In the late 1980s, the success of the US AIDS quilt inspired a Scottish activist, Alastair Hume, to set up a UK version of the NAMES Project. Panels were made by partners, family members or colleagues of those who had died of AIDS-related illnesses. When they were finished, the panels were sent to Edinburgh, with documentation about the person commemorated. In all, 385 people are represented on the UK AIDS quilt. However, just 42 quilts and 23 individual panels featured in the display at the Turbine Hall.
It took me a hour to take in the exhibit, pausing to read poignant dedications before retracing my steps to make sure I hadn’t missed anything. Most of panels commemorate gay men but the quilt also represents other people who died from AIDS-related causes, including intravenous drug users and haemophiliacs infected by contaminated blood, many of whom were children. All these years later, the stigma is still palpable – one panel is covered in a white sheet, with a note declaring “the parents do not want this panel shown anywhere.”
The quilt also contains tributes to well-known figures from the worlds of art, photography and music, such as Keith Haring, Robert Mapplethorpe and Freddie Mercury. But every now and again, there is a surprise: I’d forgotten, for instance, that the novelist Bruce Chatwin died of AIDS, as did the actor Denholm Elliot.
Some of the most affecting panels, however, are dedicated to those who were only famous within their own communities and friendship circles, such as the mysterious “Irish Bob”. Every now and again, I would come across a couple crouched beside a panel to an absent friend or colleague. Many were elderly – survivors, presumably, from those grim “plague years”; nearly all were in tears.
Alas, the exhibition - which attracted 200,000 visitors over six days - was all too short and on Monday the quilt was returned to storage, disappointing those unable to make the round trip to London. Not surprisingly, there are now calls for the Victoria and Albert Museum to acquire the quilt so that the panels can be put on permanent display in South Kensington. Another option would be for the Wellcome Collection, which specializes in exhibitions on medical subjects, to devote one of its galleries in Euston Road to the quilt.
But this is not merely about finding the quilt a permanent home. It is about educating the present generation about the on-going risks of HIV. For the pandemic is not over and these days heterosexuals are just as much at risk as gay men. It is also worth remembering that despite the wide availability of anti-retroviral drugs, there is still no vaccine for HIV.

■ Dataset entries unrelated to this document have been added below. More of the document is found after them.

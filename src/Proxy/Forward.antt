-- ===== src/Proxy/Forward.antt =====
-- forwardRpc of proxy.go as a whole: when it panics, and what it delivers.
use goat.Base.{
  ◌≡◌, ◌≢◌, ◌↔◌, ◌⊎◌, refl, sym, ◌∙◌, ap, subst, inl, inr, true, false, Option, none, some, List,
  [], ◌∷◌, ◌++◌, last, init, Bytes, Bytes_eq, bytes_eq_iff, ◌==◌, Bool-cases, Option-cases,
}
use goat.Rpc.{RequestHeader, Rpc, Result, ok, err}
use goat.Chan.{Exec, done, blocked, panicked, ◌>>=◌}
use goat.Proxy.{Proxy, RpcIntercepter, intercept, next_hop, deliver, forward_header, forward_rpc}
use goat.Proxy.Queues.{Delivered, deliver-Delivered}

-- What forwardRpc refuses with a panic.
abbrev pub Refused : RpcIntercepter → Bytes → Rpc → Type 0
Refused ic source rpc =
    (rpc.header ≡ none)
    ⊎ ((h : RequestHeader) × (rpc.header ≡ some h)
        × ((h.source ≢ source)
            ⊎ ((h' : RequestHeader) × (intercept ic h ≡ ok h') × (h'.proxy_next ≡ some []))))

-- The last entry of a route that is not empty.
last-cons : (x : Bytes) (xs : List Bytes) → (y : Bytes) × (last (x ∷ xs) ≡ some y)
last-cons x [] = (x, refl)
last-cons x (z ∷ zs) = last-cons z zs

next_hop-panicked_of :
    (id : Bytes) (h : RequestHeader) (o : Option (List Bytes))
    → h.proxy_next ≡ o
    → (next_hop id h ≡ panicked) ↔ (o ≡ some [])
unfolding next_hop
next_hop-panicked_of id h none e = rw (e, next_hop) ((λ x. cc), λ x. cc)
next_hop-panicked_of id h (some []) e = rw (e, next_hop) ((λ x. refl), λ x. refl)
next_hop-panicked_of id h (some (x ∷ xs)) e =
    rw (e, next_hop) (rw ((last-cons x xs).1) ((λ x. cc), λ x. cc))

-- Where an Rpc is to go: to the last entry of its route, if it has one, and else to its destination.
abbrev hop_by : RequestHeader → Option (List Bytes) → Option Bytes
hop_by h none = some h.destination
hop_by h (some route) = last route

abbrev pub hop : RequestHeader → Option Bytes
hop h = hop_by h h.proxy_next

abbrev rest_of : Option (List Bytes) → Option (List Bytes)
rest_of none = none
rest_of (some route) = some (init route)

-- The header with the proxy in its record, and without the route's last entry.
abbrev pub passed : Bytes → RequestHeader → RequestHeader
passed id h = record h {
  proxy_record = h.proxy_record ++ id ∷ [];
  proxy_next = rest_of h.proxy_next;
}

next_hop-done :
    (id : Bytes) (h : RequestHeader) (o : Option (List Bytes)) (destination : Bytes)
    → h.proxy_next ≡ o
    → hop_by h o ≡ some destination
    → next_hop id h ≡ done (destination, passed id h)
unfolding next_hop
next_hop-done id h none destination e d =
    let to : h.destination ≡ destination = cc in
    rw (e, next_hop)
      (λ i. done (to i, record h { proxy_record = h.proxy_record ++ id ∷ []; proxy_next = e i }))
next_hop-done id h (some route) destination e d = rw (e, next_hop) (rw d refl)

bind-panicked :
    {A B : Type 0} (x : Exec A) (f : A → B) → ((x >>= λ a. done (f a)) ≡ panicked) ↔ (x ≡ panicked)
bind-panicked (done a) f = ((λ x. cc), λ x. cc)
bind-panicked blocked f = ((λ x. cc), λ x. cc)
bind-panicked panicked f = ((λ x. refl), λ x. refl)

-- The header that the interceptor passes holds an empty route.
abbrev Lost : Result RequestHeader → Type 0
Lost r = (h : RequestHeader) × (r ≡ ok h) × (h.proxy_next ≡ some [])

forward_header-panicked :
    (rpc : Rpc) (p : Proxy) (r : Result RequestHeader)
    → (forward_header rpc p r ≡ panicked) ↔ Lost r
forward_header-panicked rpc p (err e) = ((λ x. absurd (cc)), λ x. absurd (let y = x.1 in cc))
forward_header-panicked rpc p (ok h) =
    let by_bind = bind-panicked (next_hop p.id h) (λ x. deliver rpc x p) in
    let by_route = next_hop-panicked_of p.id h h.proxy_next refl in
    (
      (λ x. (h, refl, by_route.0 (by_bind.0 x))),
      λ x. let same : h ≡ x.0 = cc in by_bind.1 (by_route.1 (ap (λ y. y.proxy_next) same ∙ x.2)),
    )

pub forward_rpc-source :
    (ic : RpcIntercepter) (source : Bytes) (rpc : Rpc) (p : Proxy) (h : RequestHeader)
    → rpc.header ≡ some h
    → h.source == source ≡ true
    → forward_rpc ic source rpc p ≡ forward_header rpc p (intercept ic h)
unfolding forward_rpc
forward_rpc-source ic source rpc p h present same = rw (present, forward_rpc) (rw same refl)

pub forward_rpc-refused :
    (ic : RpcIntercepter) (source : Bytes) (rpc : Rpc) (p : Proxy) (h : RequestHeader)
    → rpc.header ≡ some h
    → h.source == source ≡ false
    → forward_rpc ic source rpc p ≡ panicked
unfolding forward_rpc
forward_rpc-refused ic source rpc p h present other = rw (present, forward_rpc) (rw other refl)

Refused-Lost :
    (ic : RpcIntercepter) (source : Bytes) (rpc : Rpc) (h : RequestHeader)
    → rpc.header ≡ some h
    → h.source ≡ source
    → Refused ic source rpc
    → Lost (intercept ic h)
Refused-Lost ic source rpc h k s (inl n) = absurd (cc)
Refused-Lost ic source rpc h k s (inr (h₁, k₁, inl other)) =
    let same : h₁ ≡ h = cc in absurd (other (ap (λ y. y.source) same ∙ s))
Refused-Lost ic source rpc h k s (inr (h₁, k₁, inr lost)) =
    let same : h₁ ≡ h = cc in subst (λ y. Lost (intercept ic y)) same lost

-- forwardRpc panics exactly if the Rpc has no header, if that names another source than the client
-- that sent it, or if it holds, after the interceptor, a route that is empty but not nil.
pub forward_rpc-panicked_iff :
    (ic : RpcIntercepter) (source : Bytes) (rpc : Rpc) (p : Proxy)
    → (forward_rpc ic source rpc p ≡ panicked) ↔ Refused ic source rpc
unfolding forward_rpc
forward_rpc-panicked_iff ic source rpc p = elim (Option-cases rpc.header) [
  | inl n ↦ ((λ x. inl n), λ x. rw (n, forward_rpc) refl)
  | inr (h, k) ↦ elim (Bool-cases (h.source == source)) [
    | inl t ↦
        let source_is : h.source ≡ source = (bytes_eq_iff h.source source).0 t in
        let step = forward_rpc-source ic source rpc p h k t in
        let lost = forward_header-panicked rpc p (intercept ic h) in
        (
          (λ x. inr (h, k, inr (lost.0 (sym step ∙ x)))),
          λ x. step ∙ lost.1 (Refused-Lost ic source rpc h k source_is x),
        )
    | inr f ↦ (
      (λ x. inr (h, k, inl (λ s. let t = (bytes_eq_iff h.source source).1 s in cc))),
      λ x. forward_rpc-refused ic source rpc p h k f,
    )
  ]
]

-- An Rpc that the interceptor lets pass is delivered to the last entry of its route, if it has one,
-- and else to its destination: it joins the queue there, if that holds fewer than 16 Rpcs, and is
-- dropped otherwise. Its record then ends with the proxy, its route has lost its last entry, and no
-- other client changes; a destination that was not known is now.
pub forward_rpc-Delivered :
    (ic : RpcIntercepter) (rpc : Rpc) (p : Proxy) (h h' : RequestHeader) (destination : Bytes)
    → rpc.header ≡ some h
    → intercept ic h ≡ ok h'
    → hop h' ≡ some destination
    → (p' : Proxy) × (forward_rpc ic h.source rpc p ≡ done p')
      × Delivered destination (record rpc { header = some (passed p.id h') }) p p'
unfolding forward_rpc
forward_rpc-Delivered ic rpc p h h' destination present accepted goes =
    let same : h.source == h.source ≡ true = (bytes_eq_iff h.source h.source).1 refl in
    let to = next_hop-done p.id h' h'.proxy_next destination refl goes in
    let ends : forward_rpc ic h.source rpc p ≡ done (deliver rpc (destination, passed p.id h') p) =
      rw (present, forward_rpc) (rw same (rw accepted (rw to refl))) in
    (
      deliver rpc (destination, passed p.id h') p,
      ends,
      deliver-Delivered rpc destination (passed p.id h') p,
    )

The biggest burden of the disease is born by Africa, where an estimated 26.5 million people are currently living with HIV and last year some 380,000 died from complications of the virus and associated conditions, such as tuberculosis. However, because of the cuts to USAID programmes ordered by Trump and Musk earlier this year and the pausing of US President's Emergency Plan for AIDS Relief, deaths are only likely to grow (in South Africa alone, it has been estimated the US cuts could result in half a million preventable deaths from HIV over the next decade).
Even more reason then, to revisit the experiences of earlier victims of AIDS in the hope of countering – as one panel puts it – a new wave of “ignorance, fear and prejudice”.